**WHAT THIS TASK INVOLVES:** Exactly as written, retype all of the records that come next.

· · ·

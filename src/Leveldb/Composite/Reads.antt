-- ===== src/Leveldb/Composite/Reads.antt =====
-- What the reads of the format `row` of leveldb/leveldb_db.cc make of the entries of one record.
use my_ycsb_cpp.Prelude.{
  ℕ, suc, ◌≡◌, refl, ap, List, [], ◌∷◌, ◌++◌, Option, none, some, length, if◌then◌else◌,
}
use my_ycsb_cpp.Prelude.Bytes.{Bytes, bytes_eq}
use my_ycsb_cpp.Db.{Field}
use my_ycsb_cpp.Leveldb.Row.RoundTrip.{select}
use my_ycsb_cpp.Leveldb.Composite.{entry_field, all_loop, some_loop}
use my_ycsb_cpp.Leveldb.Composite.Keys.{NoColon, field_from-comp_key}

-- The entries of one record.
abbrev pub entries_of : Bytes → List Field → List (Bytes × Bytes)
entries_of key [] = []
entries_of key (field ∷ values) = (key ++ b':' ∷ field.name, field.value) ∷ entries_of key values

pub entry_field-of :
    (key : Bytes) (field : Field)
    → NoColon key
    → entry_field (key ++ b':' ∷ field.name, field.value) ≡ field
entry_field-of key field h =
    ap (λ n. record { name = n; value = field.value }) (field_from-comp_key key field.name h)

pub all_loop-entries :
    (key : Bytes) (values : List Field) (rest : List (Bytes × Bytes))
    → NoColon key
    → all_loop (length values) (entries_of key values ++ rest) ≡ (values, rest)
unfolding all_loop
all_loop-entries key [] rest h = refl
all_loop-entries key (field ∷ values) rest h =
    rw (all_loop-entries key values rest h, entry_field-of key field h) refl

pub some_loop_step :
    (rounds : ℕ) (name : Bytes) (names : List Bytes) (entry : Bytes × Bytes)
    (entries : List (Bytes × Bytes)) (field : Field)
    → entry_field entry ≡ field
    → some_loop (suc rounds) (name ∷ names) (entry ∷ entries) ≡ (
        if bytes_eq field.name name
        then (field ∷ (some_loop rounds names entries).0, (some_loop rounds names entries).1)
        else some_loop rounds (name ∷ names) entries)
unfolding some_loop
some_loop_step rounds name names entry entries field e =
    ap
      (λ (f : Field).
        if bytes_eq f.name name
        then (f ∷ (some_loop rounds names entries).0, (some_loop rounds names entries).1)
        else some_loop rounds (name ∷ names) entries)
      e

abbrev pub asked : List Field → Option (List Bytes) → List Field
asked values none = values
asked values (some names) = select values names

· · ·

**SOLUTION TO THE PROBLEM:**
filename src/Leveldb/Composite/Reads.antt
-- ===== src/Leveldb/Composite/Reads.antt =====
-- What the reads of the format `row` of leveldb/leveldb_db.cc make of the entries of one record.
use my_ycsb_cpp.Prelude.{
  ℕ, suc, ◌≡◌, refl, ap, List, [], ◌∷◌, ◌++◌, Option, none, some, length, if◌then◌else◌,
}
use my_ycsb_cpp.Prelude.Bytes.{Bytes, bytes_eq}
use my_ycsb_cpp.Db.{Field}
use my_ycsb_cpp.Leveldb.Row.RoundTrip.{select}
use my_ycsb_cpp.Leveldb.Composite.{entry_field, all_loop, some_loop}
use my_ycsb_cpp.Leveldb.Composite.Keys.{NoColon, field_from-comp_key}

-- The entries of one record.
abbrev pub entries_of : Bytes → List Field → List (Bytes × Bytes)
entries_of key [] = []
entries_of key (field ∷ values) = (key ++ b':' ∷ field.name, field.value) ∷ entries_of key values

pub entry_field-of :
    (key : Bytes) (field : Field)
    → NoColon key
    → entry_field (key ++ b':' ∷ field.name, field.value) ≡ field
entry_field-of key field h =
    ap (λ n. record { name = n; value = field.value }) (field_from-comp_key key field.name h)

pub all_loop-entries :
    (key : Bytes) (values : List Field) (rest : List (Bytes × Bytes))
    → NoColon key
    → all_loop (length values) (entries_of key values ++ rest) ≡ (values, rest)
unfolding all_loop
all_loop-entries key [] rest h = refl
all_loop-entries key (field ∷ values) rest h =
    rw (all_loop-entries key values rest h, entry_field-of key field h) refl

pub some_loop_step :
    (rounds : ℕ) (name : Bytes) (names : List Bytes) (entry : Bytes × Bytes)
    (entries : List (Bytes × Bytes)) (field : Field)
    → entry_field entry ≡ field
    → some_loop (suc rounds) (name ∷ names) (entry ∷ entries) ≡ (
        if bytes_eq field.name name
        then (field ∷ (some_loop rounds names entries).0, (some_loop rounds names entries).1)
        else some_loop rounds (name ∷ names) entries)
unfolding some_loop
some_loop_step rounds name names entry entries field e =
    ap
      (λ (f : Field).
        if bytes_eq f.name name
        then (f ∷ (some_loop rounds names entries).0, (some_loop rounds names entries).1)
        else some_loop rounds (name ∷ names) entries)
      e

abbrev pub asked : List Field → Option (List Bytes) → List Field
asked values none = values
asked values (some names) = select values names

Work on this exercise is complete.